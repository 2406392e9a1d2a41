-- ===== src/Http/Canonical.antt =====
-- The canonical form of a header key (`canonical_header_key`, common/http_util.cpp), word by word.
use studio_bondage_club.Prelude.{
  ℕ, ◌≡◌, refl, ap, ◌∙◌, Bool, true, false, List, [], ◌∷◌, Str, map, arith, ◌==◌, split, join_by,
  onto_first, is_nil, sym, Bool-cases, inl, inr, to_lower, to_upper, if◌then◌else◌,
}
use studio_bondage_club.Http.{canonical_from, canonical_header_key}

-- A word with its first letter in upper case and the others in lower case.
unfoldable pub capitalised : Str → Str
capitalised [] = []
capitalised (c ∷ word) = to_upper c ∷ map to_lower word

-- The words of a key of which the first is already begun, if `fresh` does not hold.
words_from : Bool → List Str → List Str
words_from fresh [] = []
words_from true (p ∷ ps) = capitalised p ∷ map capitalised ps
words_from false (p ∷ ps) = map to_lower p ∷ map capitalised ps

split-nonempty : (sep : ℕ) (s : Str) → is_nil (split sep s) ≡ false
unfolding split
split-nonempty sep [] = refl
split-nonempty sep (c ∷ s) = ground (arith, split-nonempty sep s)

join_by-cons :
    (sep x : ℕ) (w : Str) (ws : List Str) → join_by sep ((x ∷ w) ∷ ws) ≡ x ∷ join_by sep (w ∷ ws)
unfolding join_by
join_by-cons sep x w [] = refl
join_by-cons sep x w (v ∷ ws) = refl

-- A letter in front of the words.
join_by-words_letter :
    (b : Bool) (c : ℕ) (ps : List Str)
    → join_by b'-' (words_from b (onto_first c ps))
      ≡ (if b then to_upper c else to_lower c) ∷ join_by b'-' (words_from false ps)
unfolding words_from capitalised join_by
join_by-words_letter true c [] = refl
join_by-words_letter false c [] = refl
join_by-words_letter true c (p ∷ ps) = join_by-cons b'-' _ _ _
join_by-words_letter false c (p ∷ ps) = join_by-cons b'-' _ _ _

-- A dash in front of the words.
join_by-words_dash :
    (b : Bool) (ps : List Str)
    → is_nil ps ≡ false
    → join_by b'-' (words_from b ([] ∷ ps)) ≡ b'-' ∷ join_by b'-' (words_from true ps)
unfolding words_from capitalised join_by
join_by-words_dash b [] n = absurd (ground (arith, n))
join_by-words_dash true (p ∷ ps) n = refl
join_by-words_dash false (p ∷ ps) n = refl

letter : Bool → ℕ → ℕ
letter b c = if b then to_upper c else to_lower c

letter-dash : (b : Bool) (c : ℕ) → (letter b c == b'-') ≡ (c == b'-')
unfolding letter to_upper to_lower
letter-dash b c = ground arith

letter-of_dash : (b : Bool) (c : ℕ) → c == b'-' ≡ true → letter b c ≡ b'-'
unfolding letter to_upper to_lower
letter-of_dash b c h = ground arith

canonical_from-words :
    (b : Bool) (s : Str) → canonical_from b s ≡ join_by b'-' (words_from b (split b'-' s))
unfolding canonical_from letter split join_by words_from capitalised
canonical_from-words true [] = refl
canonical_from-words false [] = refl
canonical_from-words b (c ∷ s) = elim (Bool-cases (c == b'-')) [
  | inl dash ↦
      rw (letter-dash b c, dash, letter-of_dash b c dash)
        (ap (◌∷◌ b'-') (canonical_from-words true s)
          ∙ sym (join_by-words_dash b (split b'-' s) (split-nonempty b'-' s)))
  | inr other ↦
      rw (letter-dash b c, other)
        (ap (◌∷◌ (letter b c)) (canonical_from-words false s)
          ∙ sym (join_by-words_letter b c (split b'-' s)))
]

words_from-true : (ps : List Str) → words_from true ps ≡ map capitalised ps
unfolding words_from
words_from-true [] = refl
words_from-true (p ∷ ps) = refl

-- The canonical form of a header key has a dash where the key has one, and the words between them
-- capitalised.
pub canonical_header_key-words :
    (key : Str) → canonical_header_key key ≡ join_by b'-' (map capitalised (split b'-' key))
unfolding canonical_header_key
canonical_header_key-words key =
    canonical_from-words true key ∙ ap (join_by b'-') (words_from-true (split b'-' key))
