-- ===== src/Http/Directives.antt =====
-- What `parse_cache_control` (common/http_util.cpp) reads from a value that is written as a list of
-- directives.
use studio_bondage_club.Prelude.{
  Bool, false, not, ◌&&◌, Option, some, List, [], ◌∷◌, ◌++◌, Str, any, map, is_empty, is_space,
  str_eq, is_clear, if◌then◌else◌, to_lower, ◌==◌,
}
use studio_bondage_club.Http

-- A directive as it is written, name and value.
unfoldable pub written : Str × Str → Str
written d = d.0 ++ b'=' ∷ d.1

starts_quoted : Str → Bool
starts_quoted [] = false
starts_quoted (c ∷ s) = c == b'"'

-- A name that is not empty, and a value without a quote in front; no blanks around either, and no equals
-- sign in the name.
unfoldable pub is_plain : Str × Str → Bool
unfolding starts_quoted
is_plain d =
    not (is_empty d.0)
    && is_clear is_space d.0
    && is_clear is_space d.1
    && not (any (λ c. c == b'=') d.0)
    && not (starts_quoted d.1)

-- The value of the last directive with a name, in any case, or else `found`.
unfoldable pub last_value : Str → List (Str × Str) → Option Str → Option Str
last_value name [] found = found
last_value name (d ∷ ds) found =
    last_value name ds (if str_eq (map to_lower d.0) name then some d.1 else found)
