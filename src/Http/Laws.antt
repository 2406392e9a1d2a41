-- ===== src/Http/Laws.antt =====
-- The headers' laws (common/http_util.cpp): keys without regard to case, `set` and `get`.
use studio_bondage_club.Prelude.{
  ℕ, ◌≡◌, refl, ◌∙◌, Bool, true, false, List, [], ◌∷◌, ◌++◌, Str, arith, ◌==◌, any, reject, str_eq,
  str_eq_iff, str_eq_refl, to_lower, to_upper,
}
use studio_bondage_club.Http
use studio_bondage_club.Http.{
  HeaderMap, canonical_from, canonical_header_key, get, set, add, remove, iequals, is_hop_by_hop,
  is_stripped, add_all, strip_hop_by_hop, hop,
}

to_lower-to_upper : (c : ℕ) → to_lower (to_upper c) ≡ to_lower c
unfolding to_lower to_upper
to_lower-to_upper c = ground arith

to_lower-to_lower : (c : ℕ) → to_lower (to_lower c) ≡ to_lower c
unfolding to_lower
to_lower-to_lower c = ground arith

iequals-canonical_from : (b : Bool) (s t : Str) → iequals (canonical_from b s) t ≡ iequals s t
unfolding canonical_from iequals
iequals-canonical_from b [] [] = refl
iequals-canonical_from b [] (d ∷ t) = refl
iequals-canonical_from b (c ∷ s) [] = refl
iequals-canonical_from true (c ∷ s) (d ∷ t) =
    rw (to_lower-to_upper c, iequals-canonical_from (to_upper c == b'-') s t) refl
iequals-canonical_from false (c ∷ s) (d ∷ t) =
    rw (to_lower-to_lower c, iequals-canonical_from (to_lower c == b'-') s t) refl

pub iequals-canonical : (key t : Str) → iequals (canonical_header_key key) t ≡ iequals key t
unfolding canonical_header_key
iequals-canonical key t = iequals-canonical_from true key t

any-iequals_canonical :
    (key : Str) (hs : List Str) → any (iequals (canonical_header_key key)) hs ≡ any (iequals key) hs
any-iequals_canonical key [] = refl
any-iequals_canonical key (h ∷ hs) = rw (iequals-canonical key h, any-iequals_canonical key hs) refl

pub is_hop_by_hop-canonical :
    (key : Str) → is_hop_by_hop (canonical_header_key key) ≡ is_hop_by_hop key
unfolding is_hop_by_hop
is_hop_by_hop-canonical key = any-iequals_canonical key hop

-- The first value of a key, among entries none of which has it, and then others.
first_value-append_none :
    (ck : Str) (h rest : HeaderMap)
    → any (λ e. str_eq e.0 ck) h ≡ false
    → Http.first_value ck (h ++ rest) ≡ Http.first_value ck rest
unfolding Http.first_value
first_value-append_none ck [] rest n = refl
first_value-append_none ck (e ∷ es) rest n = ground (arith, first_value-append_none ck es rest)

any-reject_self : (p : Str × Str → Bool) (h : HeaderMap) → any p (reject p h) ≡ false
any-reject_self p [] = refl
any-reject_self p (e ∷ es) = ground (arith, any-reject_self p es)

-- After a header is set, under any spelling of its key, it reads as the value, whatever the message
-- had under it.
pub get-set : (key value : Str) (h : HeaderMap) → get key (set key value h) ≡ value
unfolding get set add remove Http.first_value
get-set key value h =
    first_value-append_none (canonical_header_key key) (remove key h) _
      (any-reject_self (λ e. str_eq e.0 (canonical_header_key key)) h)
    ∙ rw (str_eq_refl (canonical_header_key key)) refl

first_value-other :
    (ck dk value : Str) (h : HeaderMap)
    → str_eq dk ck ≡ false
    → Http.first_value ck (reject (λ e. str_eq e.0 dk) h ++ (dk, value) ∷ [])
      ≡ Http.first_value ck h
unfolding Http.first_value
first_value-other ck dk value [] n = ground arith
first_value-other ck dk value (e ∷ es) n = ground (
  arith,
  first_value-other ck dk value es n,
  str_eq_iff e.0 dk,
  str_eq_iff e.0 ck,
  str_eq_iff dk ck,
)

-- Setting a header changes no header whose canonical key is another.
pub get-set_other :
    (key other value : Str) (h : HeaderMap)
    → str_eq (canonical_header_key other) (canonical_header_key key) ≡ false
    → get key (set other value h) ≡ get key h
unfolding get set add remove
get-set_other key other value h n =
    first_value-other (canonical_header_key key) (canonical_header_key other) value h n
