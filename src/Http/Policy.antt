-- ===== src/Http/Policy.antt =====
-- What the cache may keep, and for how long (cache/policy.cpp). Times are the nanoseconds of
-- a 64-bit `system_clock`, as in libstdc++, and wrap around; `parse_http_date` is a parameter.
pub mod Freshness
use studio_bondage_club.Prelude.{
  ℕ, suc, ◌+◌, ◌-◌, ◌*◌, ◌^◌, Bool, true, false, not, ◌&&◌, ◌||◌, Option, none, some, List, [], ◌∷◌,
  Str, codes, leb, ℤ, pos, negsuc, wrap_64, ◌+ℤ◌, leb_ℤ, ltb_ℤ, eq_ℤ, any, all, map, if◌then◌else◌,
  str_eq, is_empty, is_digit, to_lower, split,
}
use studio_bondage_club.Http.{HeaderMap, trim, get, values, directive, parse_cache_control}

unfoldable pub has_directive : Str → List (Str × Str) → Bool
has_directive name cc = elim (directive name cc) [ none ↦ false | some v ↦ true ]

abbrev pub cache_control : HeaderMap → List (Str × Str)
cache_control h = parse_cache_control (values (codes "Cache-Control") h)

is_value : Str → Option Str → Bool
is_value v none = false
is_value v (some w) = str_eq w v

unfoldable pub request_forces_revalidation : HeaderMap → Bool
unfolding is_value
request_forces_revalidation req =
    has_directive (codes "no-cache") (cache_control req)
    || is_value (codes "0") (directive (codes "max-age") (cache_control req))
    || str_eq (map to_lower (get (codes "Pragma") req)) (map to_lower (codes "no-cache"))

no_values : List Str → Bool
no_values [] = true
no_values (v ∷ vs) = false

-- A `Vary` names nothing but the encoding.
unfoldable pub vary_allows : Str → Bool
vary_allows value =
    all
      (λ part.
        is_empty (map to_lower (trim part))
        || str_eq (map to_lower (trim part)) (codes "accept-encoding"))
      (split b',' value)

unfoldable pub response_cacheable : Str → HeaderMap → ℤ → HeaderMap → List ℤ → Bool
unfolding no_values
response_cacheable method req status resp cacheable_statuses =
    str_eq method (codes "GET")
    && is_empty (get (codes "Range") req)
    && any (eq_ℤ status) cacheable_statuses
    && is_empty (get (codes "Content-Range") resp)
    && is_empty (get (codes "Content-Encoding") resp)
    && no_values (values (codes "Set-Cookie") resp)
    && not (has_directive (codes "no-store") (cache_control resp))
    && all vary_allows (values (codes "Vary") resp)

nanoseconds : ℤ → ℤ
nanoseconds (pos n) = pos (n * 10 ^ 9)
nanoseconds (negsuc n) = negsuc (suc n * 10 ^ 9 - 1)

-- `t + std::chrono::seconds(s)`: the seconds are converted, and then added.
unfoldable pub plus_seconds : ℤ → ℤ → ℤ
unfolding nanoseconds
plus_seconds t s = wrap_64 (t +ℤ wrap_64 (nanoseconds s))

unfoldable pub expiration : ℤ → ℤ → Option ℤ
unfolding plus_seconds
expiration now ttl = if leb_ℤ ttl (pos 0) then none else some (plus_seconds now ttl)

digits_value : ℕ → Str → ℕ
digits_value acc [] = acc
digits_value acc (c ∷ s) = digits_value (acc * 10 + (c - b'0')) s

-- `std::stoll` throws above 2^63 - 1.
unfoldable pub parse_delta_seconds : Str → Option ℕ
unfolding digits_value
parse_delta_seconds v =
    if is_empty v || not (all is_digit v)
    then none
    else if leb (digits_value 0 v) (2 ^ 63 - 1)
    then some (digits_value 0 v)
    else none

after : ℤ → Option ℕ → ℤ
unfolding plus_seconds
after now none = now
after now (some s) = plus_seconds now (pos s)

module _ (parse_http_date : Str → Option ℤ) where
  expires_or : ℤ → Str → ℤ
  expires_or now expires =
      if is_empty expires then now else elim (parse_http_date expires) [ none ↦ now | some t ↦ t ]

  max_age_or : ℤ → HeaderMap → Option Str → ℤ
  unfolding after expires_or
  max_age_or now resp (some v) = after now (parse_delta_seconds v)
  max_age_or now resp none = expires_or now (get (codes "Expires") resp)

  s_maxage_or : ℤ → HeaderMap → Option Str → ℤ
  unfolding after max_age_or
  s_maxage_or now resp (some v) = after now (parse_delta_seconds v)
  s_maxage_or now resp none = max_age_or now resp (directive (codes "max-age") (cache_control resp))

  unfoldable pub upstream_expiry : ℤ → HeaderMap → ℤ
  unfolding s_maxage_or
  upstream_expiry now resp =
      if has_directive (codes "no-cache") (cache_control resp)
      then now
      else s_maxage_or now resp (directive (codes "s-maxage") (cache_control resp))

unfoldable pub response_private : HeaderMap → Bool
response_private resp = has_directive (codes "private") (cache_control resp)

unfoldable pub stale_if_error_servable : Option ℤ → ℤ → ℤ → Bool
unfolding plus_seconds
stale_if_error_servable expires_at now limit =
    if ltb_ℤ limit (pos 0)
    then true
    else if eq_ℤ limit (pos 0)
    then false
    else elim expires_at [ none ↦ true | some e ↦ leb_ℤ now (plus_seconds e limit) ]
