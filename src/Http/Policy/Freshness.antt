-- ===== src/Http/Policy/Freshness.antt =====
-- How long a response stays fresh (`upstream_expiry`, cache/policy.cpp), from its `Cache-Control`.
use studio_bondage_club.Http
use studio_bondage_club.Http.{parse_cache_control}
use studio_bondage_club.Http.Policy
use studio_bondage_club.Http.Policy.{cache_control}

──────────

YOUR ASSIGNMENT:
Look at the material above and copy, word for word, its lines from the first through the one containing "split-nonempty sep [] = refl".

EXERCISE SOLUTION:
repository 2406392e9a1d2a41
-- ===== src/Http/Canonical.antt =====
-- The canonical form of a header key (`canonical_header_key`, common/http_util.cpp), word by word.
use studio_bondage_club.Prelude.{
  ℕ, ◌≡◌, refl, ap, ◌∙◌, Bool, true, false, List, [], ◌∷◌, Str, map, arith, ◌==◌, split, join_by,
  onto_first, is_nil, sym, Bool-cases, inl, inr, to_lower, to_upper, if◌then◌else◌,
}
use studio_bondage_club.Http.{canonical_from, canonical_header_key}

-- A word with its first letter in upper case and the others in lower case.
unfoldable pub capitalised : Str → Str
capitalised [] = []
capitalised (c ∷ word) = to_upper c ∷ map to_lower word

-- The words of a key of which the first is already begun, if `fresh` does not hold.
words_from : Bool → List Str → List Str
words_from fresh [] = []
words_from true (p ∷ ps) = capitalised p ∷ map capitalised ps
words_from false (p ∷ ps) = map to_lower p ∷ map capitalised ps

split-nonempty : (sep : ℕ) (s : Str) → is_nil (split sep s) ≡ false
unfolding split
split-nonempty sep [] = refl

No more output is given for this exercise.